Diabetic macular edema (DME) is one of the leading causes of vision loss worldwide. It affects over 75,000 Americans yearly, and nearly 100 million people worldwide show some signs of macular edema secondary to diabetes. Some studies have shown that nearly 1 in 3 people with diabetes have some evidence of macular edema. The prevalence of DME is higher in individuals with type 1 diabetes than those with type 2 diabetes. In patients that have been diagnosed with diabetes, the ten-year incidence of DME is approximately 20% in patients that were diagnosed before the age of 30, and approximately 40% in patients diagnosed over the age of 30. Another study found that approximately 27% of patients develop signs of macular edema within 9 years of diabetes onset. Several studies that address different demographics illustrate an increasing incidence of DME.
The underlying pathophysiology of diabetic macular edema is secondary to the disruption of the BRB. The BRB isolates the photoreceptors of the retina from the ophthalmic vasculature. The BRB functions in a complex manner that involves several factors that work in tandem; however, many of the specific physiologic processes are poorly understood. The BRB involves two major compartments: an outer and inner barrier. Animal models have illustrated that the permeability of both compartments is disrupted after the onset of diabetes. Disruption of this barrier results in the accumulation of macular edema; however, the process is more complicated than this and also involves various inflammatory markers upregulated by AGEs, hyperglycemia, and diabetes. Diabetes also results in vasoconstriction, which upregulates VEGF expression. VEGF also results in macular edema and results in vasculogenesis, which results in further retinal disease.
Patients with diabetes receive more frequent ophthalmic evaluations than the average person; usually, patients with diabetes should get eye exams every year. In certain instances, this may be more or less frequent). Diabetic macular edema is diagnosed stereoscopically, and the macula appears thicker with diabetic macular edema when compared to eyes not impacted by DME. The Early Treatment Retinopathy Study (ERDRS) has defined DME as a thickening of the retina or the presence of hard exudates within 1 disc diameter from the center of the macula, and this is the most commonly used definition. There are various patterns of thickening, including focal, multifocal, and diffuse areas. DME is deemed medically significant if it is associated with any of the following: thickening within 500 mm of the center of the macula, the presence of hard exudates within 500 mm of the center of the macular if associated with thickening of the adjacent retinal tissue, or zones of retinal thickening 1 disk area of which part of which is within 1 disk diameter of the macular center. It is important to note that only of these features must be present in order for diabetic macular edema to be deemed as clinically significant, although it is not uncommon for several of these features to be present.

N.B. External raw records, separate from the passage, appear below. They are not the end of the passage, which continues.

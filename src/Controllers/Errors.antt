-- ===== src/Controllers/Errors.antt =====
-- On internal/controller/egress_proxy_controller.go and internal/controller/ingress_proxy_controller.go.
-- What a reconciliation returns, whatever the API server answers.
use netmaker_k8s_ops.Base.{
  ℕ, ◌≤◌, ◌≡◌, refl, ap, sym, ◌∙◌, List, [], ◌∷◌, map, length, Env, Option, none, some,
}
use netmaker_k8s_ops.Kube.{Key}
use netmaker_k8s_ops.Kube.Client.{GoError, Client, Reply, run, calls, returned, no_requeue}
use netmaker_k8s_ops.Kube.Reports.{
  FineReply, FailedReply, Reports, Verdict, run-Reports, failures, errors_of, root,
}
use netmaker_k8s_ops.Egress.Reports as EgressReports
use netmaker_k8s_ops.Ingress.Reports as IngressReports
use netmaker_k8s_ops.Controllers.{Controller, egress, ingress, reconcile_by}

-- The calls of the longest reconciliation.
abbrev pub most_calls : Controller → ℕ
most_calls egress = 9
most_calls ingress = 6

pub reconcile_by-Reports :
    (c : Controller) (env : Env) (k : Key)
    → Reports FineReply FailedReply (most_calls c) (reconcile_by c env k)
reconcile_by-Reports egress env k = EgressReports.reconcile-Reports env k
reconcile_by-Reports ingress env k = IngressReports.reconcile-Reports env k

verdict_lem :
    (l : List GoError) (reply : Reply)
    → Verdict FineReply FailedReply l reply
    → (reply.0 ≡ no_requeue) × (map root l ≡ map root (errors_of reply.1))
verdict_lem [] reply (result, fine) = (result, ap (λ o. map root (errors_of o)) (sym fine))
verdict_lem (e ∷ []) reply (result, fails) = (result, sym fails)
verdict_lem (e ∷ f ∷ l) reply p = absurd p

-- Whatever the server answers: a reconciliation by either controller returns after at most nine (egress) or six
-- (ingress) calls, without a panic, and asks for no requeue. It returns no error if no
-- call failed; otherwise exactly one call failed, and the error is that call's, if need be wrapped. A read that does not find its
-- object has not failed, and reading a secret never counts as failing.
pub reconcile_by_returns :
    (c : Controller) (env : Env) (C : Client) (k : Key) (s : C.State)
    → let m = reconcile_by c env k in
      (reply : Reply) × ((run C m s).0 ≡ returned reply)
      × (reply.0 ≡ no_requeue)
      × (map root (failures C m s) ≡ map root (errors_of reply.1))
      × (length (calls C m s) ≤ most_calls c)
reconcile_by_returns c env C k s =
    let m = reconcile_by c env k in
    let (reply, returns, verdict, bound) =
      run-Reports FineReply FailedReply C (most_calls c) m s (reconcile_by-Reports c env k) in
    let (result, errors) = verdict_lem (failures C m s) reply verdict in
    (reply, returns, result, errors, bound)

no_errors : (o : Option GoError) → [] ≡ map root (errors_of o) → o ≡ none
no_errors none e = refl
no_errors (some x) e = cc e

-- Where no call fails, no error is returned.
pub no_failures-returns :
    (c : Controller) (env : Env) (C : Client) (k : Key) (s : C.State)
    → failures C (reconcile_by c env k) s ≡ []
    → (run C (reconcile_by c env k) s).0 ≡ returned (no_requeue, none)
no_failures-returns c env C k s none_failed =
    let (reply, returns, result, errors, bound) = reconcile_by_returns c env C k s in
    let fine = no_errors reply.1 (ap (map root) (sym none_failed) ∙ errors) in
    cc (returns, result, fine)
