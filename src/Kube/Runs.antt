-- ===== src/Kube/Runs.antt =====
-- Runs of a program in parts.
use netmaker_k8s_ops.Base.{String, Option, none, some, All, ◌≡◌, refl, subst}
use netmaker_k8s_ops.Kube.Client.{
  GoError, wrap_error, Call, Prog, ret, panic, ask, ◌>>=◌, Client, returned, run, calls,
}
use netmaker_k8s_ops.Kube.Calls.{IsFaithful, Always}

module _ {ℓ κ} {A : Type ℓ} {B : Type κ} (C : Client) where
  -- What follows a run that returned is run from the state that it left.
  pub run-bind :
      (m : Prog A) (f : A → Prog B) (a : A) (s : C.State)
      → (run C m s).0 ≡ returned a
      → run C (m >>= f) s ≡ run C (f a) (run C m s).1
  run-bind (ret b) f a s e = let same : b ≡ a = cc in rw same
  run-bind (panic m) f a s e = cc
  run-bind (ask c k) f a s e = run-bind (k (C.serve c s).0) f a (C.serve c s).1 e

  -- A run that returns has passed through a value of its first part.
  pub run-bind_inv :
      (m : Prog A) (f : A → Prog B) (s : C.State) {b : B}
      → (run C (m >>= f) s).0 ≡ returned b
      → (a : A) × ((run C m s).0 ≡ returned a) × (run C (m >>= f) s ≡ run C (f a) (run C m s).1)
  run-bind_inv (ret a) f s e = (a, refl, refl)
  run-bind_inv (panic m) f s e = cc
  run-bind_inv (ask c k) f s e = run-bind_inv (k (C.serve c s).0) f (C.serve c s).1 e

module _ {ℓ} {A : Type ℓ} (C : Client) (P : Call → Type 0) (Q : A → Type 0) where
  -- What a program always returns, a run of it returns.
  pub run-Always :
      (m : Prog A) (s : C.State) (a : A)
      → IsFaithful C
      → Always P Q m
      → (run C m s).0 ≡ returned a
      → Q a
  run-Always (ret b) s a faithful h e = let same : b ≡ a = cc in subst Q same h
  run-Always (panic m) s a faithful h e = cc
  run-Always (ask c k) s a faithful (p, h) e =
      run-Always (k (C.serve c s).0) (C.serve c s).1 a faithful (h _ (faithful c s)) e

-- An error stays an error when it is wrapped.
pub wrap_error-none :
    (m : String) (o : Option GoError)
    → returned (wrap_error m o) ≡ returned none
    → returned o ≡ returned none
wrap_error-none m none e = refl
wrap_error-none m (some x) e = cc

module _ {ℓ κ} {A : Type ℓ} {B : Type κ} (C : Client) (P : Call → Type 0) where
  -- The calls of a run in parts.
  pub calls-bind :
      (m : Prog A) (f : A → Prog B) (s : C.State)
      → All P (calls C m s)
      → ((a : A) → (run C m s).0 ≡ returned a → All P (calls C (f a) (run C m s).1))
      → All P (calls C (m >>= f) s)
  calls-bind (ret a) f s h g = g a refl
  calls-bind (panic m) f s h g = tt
  calls-bind (ask c k) f s (p, h) g = (p, calls-bind (k (C.serve c s).0) f (C.serve c s).1 h g)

The primary evaluation of DME involves slit lamp evaluation and stereo fundus photography; however, multiple new modalities are being used and developed for the evaluation of diabetic macular edema. Fluorescein angiography (FA) involves the injection of fluorescent dye into the bloodstream. The dye can then be used to detect fluid accumulation qualitatively. Optical coherence tomography (OCT) is a high-resolution imaging modality that has been used to image the retina and detect the thickness of the retina. OCT is less invasive than FA and is subsequently better tolerated. Compared to slit lamp and stereo fundus photography OCT has been more accurate in the evaluation of macular thickness. The retinal thickness analyzer (RTA) is another imaging modality that is used for assessing retinal thickness. The RTA projects a laser slit beam onto the retina and analyzes the backscattered light with a fundus camera. RTA has been shown to illustrate similar thickness to OCT; however, OCT requires a longer image acquisition time. OCT has better image resolution and is less influenced by ocular media opacities. Both OCT and RTA play an important role in the early detection of DME, while FA is useful in analyzing DME once the diagnosis has been made.
One of the mainstays for diabetic macular edema treatment has historically involved laser photocoagulation, it has been shown to improve visual acuity in a small percentage of patients. The Early Treatment Diabetic Retinopathy Study (EDTRS) provides the guidelines for the laser photocoagulation for DME have provided by the ETDRS. Leaking microaneurysms are directly treated, while a combination of focal laser photocoagulation and scatter laser photocoagulation are described as the treatment for DME in certain instances of proliferative diabetic retinopathy and non-proliferative diabetic retinopathy. Although macular laster photocoagulation is a major treatment modality for clinically significant macular edema, it is not curative, and many cases are refractive to the laser therapies. Vitrectomies have been shown to improve DME; however, the science behind this is unclear. With the onset of new research, the clinical guidelines have changed, and current first-line therapy involves anti-VEGF therapy. Other treatment modalities include subthreshold micropulse photocoagulation diode and intravitreal steroid injections.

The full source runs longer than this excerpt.